A quantidade de filmes que tentam emular Jonh Wick é impressionante. De tempos em tempos, surge uma comédia de ação como esse Família À Prova de Balas, que mira no longa protagonizado por Keanu Reeves e acerta o pior de Sr. e Sra. Smith, com humor pouco eficiente e cenas de ação marcadas pelo clichê da violência.

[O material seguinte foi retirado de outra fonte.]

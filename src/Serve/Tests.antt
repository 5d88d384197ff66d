-- ===== src/Serve/Tests.antt =====
-- Runs of the model of serve/ on the demonstration node.
use signers.Base.{ℕ, ◌≡◌, refl, true, false, [], ◌∷◌, map, none, arith, length}
use signers.Base.Int.{ℤ, pos_part, int64}
use signers.Base.Text.{Text, decimal}
use signers.Base.Exec.{err, failed, returned, blocked}
use signers.Redt.Node.{header_by_number}
use signers.Redt.Node.Unlocks.{Ended}
use signers.Redt.Report.{signers_for_header}
use signers.Redt.Demo.{
  demo_geth, demo_node, demo_story, demo_steady, reply_for, demo-Coherent, demo-Ready,
}
use signers.Serve.{serve_via_ws, new_window}
use signers.Serve.Pages.{Words}
use signers.Serve.Shows.{at}
use signers.Serve.Told.{told}
use signers.Serve.Windows.{good, bad, all_good, shown, page_of}
use signers.Serve.Pages.{report_of}
use signers.Serve.Visit.{serve_via_ws-pages}
use signers.Serve.Site.{opens, receives, asks_index, site_run, new_site}
use signers.Serve.Site.Free.{IsClear, site_run-IsClear}
use signers.Serve.Site.Twice.{two_windows, site_run_counts_twice}

abbrev show_seconds : ℤ → Text
show_seconds z = decimal (pos_part z)

demo-Words : Words demo_node
demo-Words = record { proposals = λ v. omega arith; signatures = λ v. omega arith }

serve_via_ws-pages_example :
    (cache : demo_geth.Cache) × (calls : ℕ) × (serve_via_ws demo_geth show_seconds
        (all_good true)
        (good 2 ∷ map good (3 ∷ 4 ∷ []))
        (record { node = demo_node; window = new_window })
      ≡ (
        blocked,
        record {
          node = at demo_geth demo_story demo_steady demo_node (3 ∷ 4 ∷ []) cache calls;
          window = shown 104 (told demo_geth demo_story show_seconds demo_node [] 102 (3 ∷ 4 ∷ []));
        },
      ))
serve_via_ws-pages_example =
    serve_via_ws-pages demo_geth demo_story demo_steady show_seconds demo_node demo-Words true 2
      (3 ∷ 4 ∷ []) (omega arith, omega arith)
      ((omega arith, omega arith), ((omega arith, omega arith), tt)) demo-Ready

site_run-IsClear_example :
    let (o, t) =
      site_run demo_geth show_seconds
        (asks_index ∷ opens (all_good true) ∷ receives 0 (good 2) ∷ receives 0 (bad 3) ∷ [])
        (new_site demo_geth show_seconds demo_node) in
    Ended o × IsClear t
site_run-IsClear_example =
    site_run-IsClear demo_geth show_seconds
      (asks_index ∷ opens (all_good true) ∷ receives 0 (good 2) ∷ receives 0 (bad 3) ∷ [])
      (new_site demo_geth show_seconds demo_node) ((refl, refl), tt)

site_run_counts_twice_example :
    (cache : demo_geth.Cache) × (calls : ℕ) × (site_run demo_geth show_seconds
        (receives 0 (good 3) ∷ receives 1 (good 3) ∷ [])
        (two_windows demo_geth demo_story demo_steady show_seconds demo_node []
          (λ k. none)
          0
          102
          []
          102
          [])
      ≡ (
        returned tt,
        two_windows demo_geth demo_story demo_steady show_seconds demo_node
            (3 ∷ 3 ∷ [])
            cache
            calls
            103
            (page_of demo_geth demo_story demo_steady show_seconds demo_node
                (report_of demo_geth demo_story demo_node (3 ∷ []) 102 3)
              ∷ [])
            103
            (page_of demo_geth demo_story demo_steady show_seconds demo_node
                (report_of demo_geth demo_story demo_node (3 ∷ 3 ∷ []) 102 3)
              ∷ []),
      ))
site_run_counts_twice_example =
    site_run_counts_twice demo_geth demo_story demo_steady show_seconds demo_node [] 3 102 102 0 []
      [] (λ k. none) (omega arith, omega arith) demo-Coherent demo-Ready

-- A window that receives three headers and loses the browser at the third.
two_pages :
    let (o, t) =
      serve_via_ws demo_geth show_seconds
        (all_good true)
        (good 2 ∷ good 3 ∷ bad 4 ∷ [])
        (record { node = demo_node; window = new_window }) in
    (o ≡ returned (err failed))
    × (length t.window.pages ≡ 1)
    × (t.node.as_signer 0 ≡ 2)
    × (t.window.ws_open ≡ false)
unfolding serve_via_ws header_by_number signers_for_header reply_for int64
two_pages = (refl, refl, refl, refl)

Ray Hayes (Kevin James) é um ex-policial que, há alguns anos, trabalha para a máfia, mas está prestes a abandonar um serviço. Um pequeno flashback, no início, dá conta de sua entrada no mundo dos gângsters, numa facção comandada por Michael Temple (Melissa Leo, a melhor coisa do filme). Mulher de código rígido, mas de palavra, também, ela promete ao protagonista que quando ele quiser sair desse trabalho, pode sair sem qualquer penalidade. A ideia dele sempre foi trabalhar por um tempo, para juntar dinheiro e abrir um restaurante com sua mulher, Alice (Christina Ricci).
Enfim, o filme volta para o presente, quando ele está participando de sua última missão, quando tudo sai errado e um novo mafioso, Lonnie Castigan (Timothy V. Murphy), assume o comando, e os arranjos feitos com Michael no passado são desfeitos – ou seja, Ray não pode abandonar impunemente o trabalho. E é a partir disso que começa a correria e troca de tiros e sopapos do longa.
Ray, Alice, a filha adolescente, Siohbán (Keana Marie), e o caçula, Henry (Leo Easton Kelly), precisam salvar suas vidas quando a verdade sobre o emprego do pai vem à tona. Alice já sabia de tudo, mas, ela também esconde lá seus segredos, numa subtrama bastante improvável dentro do longa.
Genérico nas cenas de ação, ruim nos momentos de humor, Família à Prova de Balas parece um filme feito uns 20 anos atrás que ficou guardado e só agora está vendo a luz do dia. Nem atores experientes na comédia como James e Ricci parecem à vontade. Edward Drake, que também assina o roteiro, tem dificuldade em modular o humor, a violência e a dinâmica familiar, e no fim nada funciona muito bem.